Abstracts Invited Speakers

From graph minors to quantum networks

The graph minors series of Robertson and Seymour has had a profound impact on the development of algorithmic graph theory. We discuss how this area has remarkably deep connections to the theory of quantum networks (or graph states, to be more precise). The talk is organized as a tutorial illustrating the connections between these two areas.

Very Similar, but Not the Same: Local-to-Global Structure, Isomorphism, and Reconstruction

The central theme of this talk is the threshold at which local information about a graph forces its global structure. We thus consider the question of how similar two graphs can be without being isomorphic, and take two complementary perspectives.
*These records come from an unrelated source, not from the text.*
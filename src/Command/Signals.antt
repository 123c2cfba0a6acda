-- ===== src/Command/Signals.antt =====
-- The goroutine of `run` in cmd/crated/main.go that waits for an interrupt, over a channel that holds
-- one signal.
use crated.Prelude.{
  ℕ, ◌+◌, ◌≤◌, Bool, true, false, List, [], ◌∷◌, Option, none, some, leb, if◌then◌else◌, ◌≡◌, refl,
  arith, inl, inr, Option-cases,
}

-- Before the first receive, between it and the second, and behind os.Exit(1).
pub data Phase : Type 0 where
  waiting stopping exited : Phase

-- `buffered`: the channel has a signal.
pub record Handler : Type 0 where
  pub buffered : Bool
  pub phase : Phase
  pub canceled : Bool

unfoldable pub start : Handler
start = record { buffered = false; phase = waiting; canceled = false }

-- signal.Notify drops a signal for which the channel has no room; a receive takes the one it has.
pub data Event : Type 0 where
  arrives received : Event

-- The statements behind a receive.
abbrev pub on_receive : Phase → Handler → Option Handler
on_receive waiting h = some (record h { buffered = false; phase = stopping; canceled = true })
on_receive stopping h = some (record h { buffered = false; phase = exited })
on_receive exited h = none

-- `none`: this cannot happen, the receive blocks or there is no process any more.
unfoldable pub step : Event → Handler → Option Handler
step arrives h = elim h.phase [ exited ↦ none | other ↦ some (record h { buffered = true }) ]
step received h = if h.buffered then on_receive h.phase h else none

unfoldable pub steps : List Event → Handler → Option Handler
steps [] h = some h
steps (e ∷ es) h = elim (step e h) [ none ↦ none | some h' ↦ steps es h' ]

-- The signals that have arrived.
abbrev pub arrivals : List Event → ℕ
arrivals [] = 0
arrivals (arrives ∷ es) = arrivals es + 1
arrivals (received ∷ es) = arrivals es

-- The signals that a phase has taken.
abbrev pub taken : Phase → ℕ
taken waiting = 0
taken stopping = 1
taken exited = 2

abbrev pub count : Handler → ℕ
count h = taken h.phase + (if h.buffered then 1 else 0)

abbrev pub receives : List Event → ℕ
receives [] = 0
receives (arrives ∷ es) = receives es
receives (received ∷ es) = receives es + 1

abbrev IsCanceled : Handler → Type 0
IsCanceled h = h.canceled ≡ leb 1 (taken h.phase)

step-count :
    (e : Event) (es : List Event) (h h' : Handler)
    → step e h ≡ some h'
    → (count h' + arrivals es ≤ count h + arrivals (e ∷ es))
      × (taken h'.phase + receives es ≡ taken h.phase + receives (e ∷ es))
unfolding step
step-count arrives es h h' k = ground arith
step-count received es h h' k = ground arith

step-IsCanceled : (e : Event) (h h' : Handler) → IsCanceled h → step e h ≡ some h' → IsCanceled h'
unfolding step
step-IsCanceled arrives h h' c k = ground arith
step-IsCanceled received h h' c k = ground arith

steps-count :
    (es : List Event) (h h' : Handler)
    → IsCanceled h
    → steps es h ≡ some h'
    → (count h' ≤ count h + arrivals es)
      × (taken h'.phase ≡ taken h.phase + receives es)
      × IsCanceled h'
unfolding steps
steps-count [] h h' c k = (ground arith, ground arith, ground arith)
steps-count (e ∷ es) h h' c k = elim (Option-cases (step e h)) [
  | inl blocked ↦ absurd (ground (arith, blocked))
  | inr (next, done) ↦
      let (bound, phase, canceled) =
        steps-count es next h' (step-IsCanceled e h next c done) (ground (arith, done)) in
      (
        omega (arith, bound, step-count e es h next done),
        omega (arith, phase, step-count e es h next done),
        canceled,
      )
]

-- Whatever the order of the signals and the receives: the context is canceled from the first receive
-- on, and the second ends the process, so it takes two signals, at least, to force the exit.
pub forced_exit :
    (es : List Event) (h : Handler)
    → steps es start ≡ some h
    → (taken h.phase ≡ receives es)
      × (taken h.phase ≤ arrivals es)
      × (h.canceled ≡ leb 1 (receives es))
unfolding start
forced_exit es h k =
    let (bound, phase, canceled) = steps-count es start h refl k in
    (omega (arith, phase), ground (arith, bound), ground (arith, phase, canceled))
On the one hand, to distinguish non-isomorphic graphs, we can compare their substructures. Beyond merely counting occurrences of substructures, we can incorporate additional, efficiently computable information. For example, we can take into account how these substructures are embedded within the graph. One line of work along these lines leads to the Weisfeiler–Leman algorithm and fixed-point logics with counting. Another line of work connects the structure of a graph to properties of its automorphism group.

On the other hand, we can push the local-to-global idea to its limit, bringing us to the reconstruction conjecture. This famous conjecture asks whether a graph is uniquely determined by the collection of all its one-vertex-deleted subgraphs. Despite its fundamental nature, this problem remains open, even for basic graph classes.

The talk surveys the current state of these questions and highlights recent progress on the Weisfeiler–Leman algorithm and on graph reconstruction. In particular, it presents a recent upper bound on the Weisfeiler–Leman dimension and arguments showing that interval graphs are reconstructible.

Graph Searching on Graphs: A Long Story of Pursuit for Width and Structure

Graph searching studies games on graphs in which searchers try to capture a fugitive under various assumptions on visibility, mobility, recontamination, connectivity, and the information available to the players. Over the last three decades, this perspective has grown into a rich framework at the crossroads of combinatorial games, structural graph theory, and graph algorithms, revealing deep connections between search processes, graph decompositions, and width parameters.

We present the main directions that have emerged from this viewpoint: graph searching as a language for width measures and decompositions, the role of monotonicity, variants such as edge, mixed, connected, and directed search, and interactions with related models, including cops-and-robbers games. We give a brief discussion of some of the challenges in the area and of directions for future research.